3. Eat fats with care. Your body does need fatty acids to make prostaglandins to control inflammation. If, however, you eat too many fatty foods, you will push your body into making more inflammatory chemicals. Focus on cold-water fish, extra virgin olive oil, walnuts and flax. Cut out vegetable shortening, margarine, processed foods and corn oil.
4. Sugar is the enemy. When you’re eating sugar between meals your blood sugar is spiking and this causes your pancreas to release a rush of insulin and that activates genes involved in inflammation. Ridding the diet of refined grains and sugars helps eliminate a main source of inflammation.
5. Wheat and dairy in moderation. If you have a food intolerance or a food sensitivity, void those foods. It should be that simple, but some individuals would rather face the stomach upset following a dish of ice cream than eliminate it from their diet. Gluten and dairy can kick your immune system into high inflammatory gear.
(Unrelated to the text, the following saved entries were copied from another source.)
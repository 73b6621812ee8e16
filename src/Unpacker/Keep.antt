-- ===== src/Unpacker/Keep.antt =====
-- Which paths the unpacker's steps keep, and which they leave.
use groot_btrfs.Base.{ℕ, Bool, ◌++◌, arith, inl, inr, Bool-cases}
use groot_btrfs.Base.Int.{ℤ, pos, eqb_ℤ}
use groot_btrfs.Base.Str.{Str, codes}
use groot_btrfs.Base.Effect.{M, ⊤, pure, ◌>>=◌, ◌>>◌, wrapping}
use groot_btrfs.Puller.{UnpackSpec}
use groot_btrfs.Unpacker.{
  TarUnpacker, TarHeader, quoted, own, make_directory, create_directory, open_regular, copy_content,
  create_regular_file,
}
use groot_btrfs.Unpacker.Effects.{Keeps, Leaves, Keeps-pure, Keeps-bind, Keeps-wrapping}

module _ {W Stream Content File : Type 0} (there : W → Str → Bool)
    (u : TarUnpacker W Stream Content File) where
  -- The system calls that remove nothing take no path away, and what is made is there.
  pub record IsFileSystem : Type 0 where
    pub stat_keeps : (q p : Str) → Keeps there q (u.os.stat p)
    pub lstat_keeps : (q p : Str) → Keeps there q (u.os.lstat p)
    pub read_dir_keeps : (q p : Str) → Keeps there q (u.os.read_dir p)
    pub mkdir_keeps : (q p : Str) (mode : ℕ) → Keeps there q (u.os.mkdir p mode)
    pub chown_keeps : (q p : Str) (uid gid : ℤ) → Keeps there q (u.os.chown p uid gid)
    pub lchown_keeps : (q p : Str) (uid gid : ℤ) → Keeps there q (u.lchown p uid gid)
    pub chmod_keeps : (q p : Str) (mode : ℕ) → Keeps there q (u.os.chmod p mode)
    pub modtime_keeps : (q p : Str) (time : ℤ) → Keeps there q (u.change_mod_time p time)
    pub symlink_keeps : (q p to : Str) → Keeps there q (u.make_symlink to p)
    pub link_keeps : (q p to : Str) → Keeps there q (u.make_link to p)
    pub open_keeps : (q p : Str) (mode : ℕ) → Keeps there q (u.open_file p mode)
    pub copy_keeps :
        (q : Str) (file : File) (content : Content) → Keeps there q (u.copy file content)
    pub close_keeps : (q : Str) (file : File) → Keeps there q (u.close file)
    pub stat_leaves : (p : Str) → Leaves there p (u.os.stat p)
    pub mkdir_leaves : (p : Str) (mode : ℕ) → Leaves there p (u.os.mkdir p mode)
    pub open_leaves : (p : Str) (mode : ℕ) → Leaves there p (u.open_file p mode)

  module _ (F : IsFileSystem) (q : Str) where
    pub own-Keeps :
        (chown : Str → ℤ → ℤ → M W ⊤) (what path : Str) (header : TarHeader)
        (spec : UnpackSpec Stream)
        → ((uid gid : ℤ) → Keeps there q (chown path uid gid))
        → Keeps there q (own u chown what path header spec)
    unfolding own
    own-Keeps chown what path header spec h = elim (Bool-cases (eqb_ℤ u.os.getuid (pos 0))) [
      | inl root ↦ rw root (Keeps-wrapping there q _ _ (h _ _))
      | inr plain ↦ rw plain (Keeps-pure there q tt)
    ]

    make_directory-Keeps :
        (path : Str) (header : TarHeader) → Keeps there q (make_directory u path header)
    unfolding make_directory
    make_directory-Keeps path header = record {
      kept = λ w h. ground (
        arith,
        (F.stat_keeps q path).kept w,
        (F.mkdir_keeps q path header.mode).kept (u.os.stat path w).1,
      );
    }

    -- What follows the making of a directory.
    pub rest_of_directory-Keeps :
        (path : Str) (header : TarHeader) (spec : UnpackSpec Stream)
        → Keeps there q (do
          own u u.os.chown (codes "directory ") path header spec
          wrapping (codes "chmoding directory " ++ quoted path) (u.os.chmod path header.mode)
          wrapping
              (codes "setting the modtime for directory "
                ++ (quoted path ++ codes ": %!s(MISSING)"))
              (u.change_mod_time path header.mod_time))
    rest_of_directory-Keeps path header spec =
        Keeps-bind there q _ _
          (own-Keeps u.os.chown (codes "directory ") path header spec (F.chown_keeps q path))
          (λ _.
            Keeps-bind there q _ _
              (Keeps-wrapping there q (codes "chmoding directory " ++ quoted path) _
                (F.chmod_keeps q path header.mode))
              (λ _.
                Keeps-wrapping there q
                  (codes "setting the modtime for directory "
                    ++ (quoted path ++ codes ": %!s(MISSING)"))
                  _ (F.modtime_keeps q path header.mod_time)))

    pub create_directory-Keeps :
        (path : Str) (header : TarHeader) (spec : UnpackSpec Stream)
        → Keeps there q (create_directory u path header spec)
    unfolding create_directory
    create_directory-Keeps path header spec =
        Keeps-bind there q _ _ (make_directory-Keeps path header)
          (λ _. rest_of_directory-Keeps path header spec)

    open_regular-Keeps :
        (path : Str) (header : TarHeader) → Keeps there q (open_regular u path header)
    unfolding open_regular
    open_regular-Keeps path header = record {
      kept = λ w h. ground (arith, (F.open_keeps q path header.mode).kept w);
    }

    copy_content-Keeps :
        (path : Str) (file : File) (content : Content)
        → Keeps there q (copy_content u path file content)
    unfolding copy_content
    copy_content-Keeps path file content = record {
      kept = λ w h. ground (
        arith,
        (F.copy_keeps q file content).kept w,
        (F.close_keeps q file).kept (u.copy file content w).1,
      );
    }

    -- What follows the opening of a regular file.
    pub rest_of_file-Keeps :
        (path : Str) (header : TarHeader) (content : Content) (spec : UnpackSpec Stream)
        (file : File)
        → Keeps there q (do
          file_size ← copy_content u path file content
          own u u.os.chown (codes "file ") path header spec
          wrapping (codes "chmoding file " ++ quoted path) (u.os.chmod path header.mode)
          wrapping
              (codes "setting the modtime for file " ++ quoted path)
              (u.change_mod_time path header.mod_time)
          pure file_size)
    rest_of_file-Keeps path header content spec file =
        Keeps-bind there q _ _ (copy_content-Keeps path file content) (λ size.
          Keeps-bind there q _ _
            (own-Keeps u.os.chown (codes "file ") path header spec (F.chown_keeps q path))
            (λ _.
              Keeps-bind there q _ _
                (Keeps-wrapping there q (codes "chmoding file " ++ quoted path) _
                  (F.chmod_keeps q path header.mode))
                (λ _.
                  Keeps-bind there q _ _
                    (Keeps-wrapping there q (codes "setting the modtime for file " ++ quoted path) _
                      (F.modtime_keeps q path header.mod_time))
                    (λ _. Keeps-pure there q size))))

    pub create_regular_file-Keeps :
        (path : Str) (header : TarHeader) (content : Content) (spec : UnpackSpec Stream)
        → Keeps there q (create_regular_file u path header content spec)
    unfolding create_regular_file
    create_regular_file-Keeps path header content spec =
        Keeps-bind there q _ _ (open_regular-Keeps path header)
          (rest_of_file-Keeps path header content spec)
Fight inflammation through movement
Changing your diet is a major first step in fighting inflammation. The role that exercise plays in fighting off chronic inflammation is also well-documented. It doesn’t matter how you move, it just matters that you move. The indirect results that exercise plays on fighting inflammation are well proven.
Running, cross training, swimming, walking, yoga – find an exercise you enjoy and commit to it regularly. Aerobic and nonaerobic exercise lower your body’s levels of c-reactive protein (a marker for inflammation). The lower the CRP, the less inflammation in your body. Aim for at least thirty minutes of moderate activity a day. Mix and match the type of exercise you get – run, walk, ride a bike, lift weights, swim, perform yoga.
More is not better! Excessive physical activity is very inflammatory.
Vitamins and supplements that fight inflammation
Because it is virtually impossible to get all of the nutrients necessary in your diet, supplement your diet is crucial to maintaining proper levels. Many vitamins and herbal supplements have anti-inflammatory properties and those include:
1. Vitamin D: This has been shown to lessen ongoing pain from inflammation. Sunlight is your best source for vitamin D, but you can take supplements and get some from your diet including from liver, egg yolks, fatty fish and milk.
2. Vitamin E: This is an antioxidant anti-inflammatory. Sunflower seeds, nuts and green leafy vegetables, as well as supplements are ways to get this.
3. Vitamin K: Lowers levels of inflammatory. Take supplements or eat leafy green vegetables, broccoli and Brussels sprouts.
4. Herbs and Botanicals: Dark colored fruit, vegetable and herbs are rich in substances called flavonoids and polyphenols that act as powerful anti-inflammatory agents: This include turmeric, beet, coffee, cocoa, berries, white willow bark and boswellia.
Make a commitment to yourself and to living a longer, healthier life by changing your diet and exercise habits. You may have times when you slip and eat an unhealthy meal or when you don’t move as often as you should, but if you use supplements, manage what you eat, maintain your weight and get up and move, you can fight inflammation and enhance the quality of your life.